I learned, however, that giving these scholars independent, uncompromising spaces to express their take was central to AEI's outreach. Within the viewpoints, the contributors were free to respond with full honesty, speaking their truths as scholars and Native people. Often, it proved difficult.

“Spending time immersed in these documents — and the genocides they represent — required of me, a spiritual space where I could shed the weight and atrocity of these documents and be in balance as I live my life with my family and friends,” endawnis Spears (Diné/ Ojibwe/ Chickasaw/ Choctaw) of AEI said. “There are some big shifts that need to happen in cultural institutions here. We hope this exhibit and this process can help contribute to that praxis.”

Visitors inside the exhibit. (Courtesy Aram Boghosian)
Visitors inside the exhibit. (Courtesy Aram Boghosian)

The exhibit was personal for me as well. Massachusetts is the territory of Wampanoag, Masachussett, Nauset, Nipmuc and other communities since time immemorial. I realized that much of this exhibit is about unlearning information as much as learning it. As an enrolled member of the Upper Sioux Community in Minnesota, I am also a visitor to this territory known broadly as New England. And whether I like it or not, I too am involved in a broader culture that values and derives power from European-style maps. Several times I traced the tracts of land where colonists would form the state of Minnesota through Native removal and sent photos to my mother.

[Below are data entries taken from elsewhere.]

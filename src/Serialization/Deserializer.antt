-- ===== src/Serialization/Deserializer.antt =====
-- `Deserializer` (src/cpp-utils/data/Deserializer.h): reads values one behind the other from a
-- block of memory. A read by `read_raw` has no check of its own: outside of the block it is
-- undefined.
use libcryfs.Common.{
  ℕ, suc, ◌+◌, ◌^◌, ◌≤◌, ◌<◌, ◌≡◌, refl, ◌≢◌, Bool, true, false, Option, none, some, [], ◌∷◌, ◌++◌,
  arith, leb, le→leb, ◌==◌, ==_refl, if◌then◌else◌, length, take, drop, All, length-append,
  take-append, drop-append, append_assoc, append-nil,
}
use libcryfs.Common.Result.{Result, ok, err, guard, runtime_error, ◌>>=◌, ◌>>◌}
use libcryfs.Common.Bytes.{Data, encode, decode, width, length-encode, decode-encode}
use libcryfs.Common.Memory.{add64, sub64, read_memory, read_memory-append}

pub record Deserializer : Type 0 where
  pub pos : ℕ
  pub source : Data

unfoldable pub new : Data → Deserializer
new source = record { pos = 0; source = source }

-- What a read leaves and returns.
abbrev pub Read : Type 0 → Type 0
Read A = Deserializer → Result (A × Deserializer)

-- `_readData`
unfoldable pub read_raw : ℕ → Read Data
read_raw size d = do
  bytes ← read_memory d.source d.pos size
  ok (bytes, record d { pos = d.pos + size })

-- `_read<DataType>` for an unsigned type of `n` bytes
unfoldable pub read_uint : ℕ → Read ℕ
read_uint n d = do
  guard (leb (add64 d.pos n) (length d.source)) runtime_error
  bytes ← read_memory d.source d.pos n
  ok (decode bytes, record d { pos = d.pos + n })

abbrev pub read_uint8 : Read ℕ
read_uint8 = read_uint 1

abbrev pub read_uint16 : Read ℕ
read_uint16 = read_uint 2

abbrev pub read_uint32 : Read ℕ
read_uint32 = read_uint 4

abbrev pub read_uint64 : Read ℕ
read_uint64 = read_uint 8

unfoldable pub read_bool : Read Bool
read_bool d = do
  (read, d') ← read_uint8 d
  if read == 1 then ok (true, d') else if read == 0 then ok (false, d') else err runtime_error

unfoldable pub read_data : Read Data
read_data d = do
  (size, d') ← read_uint64 d
  guard (leb (add64 d'.pos size) (length d'.source)) runtime_error
  read_raw size d'

unfoldable pub read_tail_data : Read Data
read_tail_data d = read_raw (sub64 (length d.source) d.pos) d

unfoldable pub read_fixed_size_data : ℕ → Read Data
read_fixed_size_data size = read_raw size

-- `memchr(p, 0, n)`: the offset of the first null byte.
unfoldable pub null_byte : Data → Option ℕ
null_byte [] = none
null_byte (b ∷ bs) =
    if b == 0 then some 0 else elim (null_byte bs) [ none ↦ none | some i ↦ some (suc i) ]

unfoldable pub read_string : Read Data
unfolding null_byte
read_string d = elim (null_byte (drop d.pos d.source)) [
  | none ↦ err runtime_error
  | some size ↦ ok (take size (drop d.pos d.source), record d { pos = d.pos + (size + 1) })
]

unfoldable pub finished : Deserializer → Result (Unit {0})
finished d = guard (d.pos == length d.source) runtime_error

-- The deserializer that has read `before` and has `rest` to read.
abbrev pub at : Data → Data → Deserializer
at before rest = record { pos = length before; source = before ++ rest }

-- A byte string without a null byte: what a C string can hold.
abbrev pub IsText : Data → Type 0
IsText = All (λ b. b ≢ 0)

null_byte-append :
    (value rest : Data) → IsText value → null_byte (value ++ (0 ∷ rest)) ≡ some (length value)
unfolding null_byte
null_byte-append [] rest h = refl
null_byte-append (b ∷ value) rest h = ground (arith, null_byte-append value rest h.1)

module _ (before rest : Data) where
  pub read_raw-at :
      (bytes : Data)
      → read_raw (length bytes) (at before (bytes ++ rest)) ≡ ok (bytes, at (before ++ bytes) rest)
  unfolding read_raw
  read_raw-at bytes = rw (read_memory-append before bytes rest, length-append, append_assoc)

  pub read_string-at :
      (value : Data)
      → IsText value
      → read_string (at before ((value ++ 0 ∷ []) ++ rest))
        ≡ ok (value, at (before ++ (value ++ 0 ∷ [])) rest)
  unfolding read_string
  read_string-at value h =
      let null : null_byte (drop (length before) (before ++ ((value ++ 0 ∷ []) ++ rest)))
          ≡ some (length value) =
        rw (drop-append before ((value ++ 0 ∷ []) ++ rest), append_assoc)
          (null_byte-append value rest h) in
      rw (null, read_string)
        (rw
          (
            drop-append before ((value ++ 0 ∷ []) ++ rest),
            append_assoc value (0 ∷ []) rest,
            take-append,
            length-append,
            length-append,
          )
          (rw (append_assoc before (value ++ 0 ∷ []) rest, append_assoc value (0 ∷ []) rest)))

  module _ (n value : ℕ) (fits : value < width n) (small : length before + n < 2 ^ 64) where
    pub read_uint-at :
        read_uint n (at before (encode n value ++ rest))
        ≡ ok (value, at (before ++ encode n value) rest)
    unfolding read_uint
    read_uint-at =
        let size = length-encode n value in
        let inside : add64 (length before) n ≤ length (before ++ (encode n value ++ rest)) = omega (
          arith,
          size,
          length-append before (encode n value ++ rest),
          length-append (encode n value) rest,
        ) in
        let read : read_memory (before ++ (encode n value ++ rest)) (length before) n
            ≡ ok (encode n value) =
          rw size at (read_memory-append before (encode n value) rest) in
        rw (le→leb _ _ inside, read, decode-encode n value fits, length-append, size, append_assoc)

pub read_bool-at :
    (before rest : Data) (value : Bool)
    → length before + 1 < 2 ^ 64
    → read_bool (at before (encode 1 (if value then 1 else 0) ++ rest))
      ≡ ok (value, at (before ++ encode 1 (if value then 1 else 0)) rest)
unfolding read_bool
read_bool-at before rest true small = rw (read_uint-at before rest 1 1 (omega arith) small)
read_bool-at before rest false small = rw (read_uint-at before rest 1 0 (omega arith) small)

pub read_tail_data-at :
    (before rest : Data)
    → length before + length rest < 2 ^ 64
    → read_tail_data (at before rest) ≡ ok (rest, at (before ++ rest) [])
unfolding read_tail_data
read_tail_data-at before rest small =
    let left : sub64 (length (before ++ rest)) (length before) ≡ length rest =
      omega (arith, length-append before rest) in
    rw left (rw append-nil at (read_raw-at before [] rest))

pub finished-at : (before : Data) → finished (at before []) ≡ ok tt
unfolding finished
finished-at before =
    let e : length (before ++ []) ≡ length before = omega (arith, length-append before []) in
    rw (e, ==_refl)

The second part of this exhibition ("America Transformed Part 2: Homesteads to Modern Cities") will share little-told narratives of the transcontinental railroad, the post-Civil War reconstructions and more on Native history after the Homestead Act of 1862. (It runs from Nov. 9 through May 10, 2020.)

Though not perfect, the boldness and bravery of talking about their map collection in this way is an important foundation on which to build deeper understanding of our country.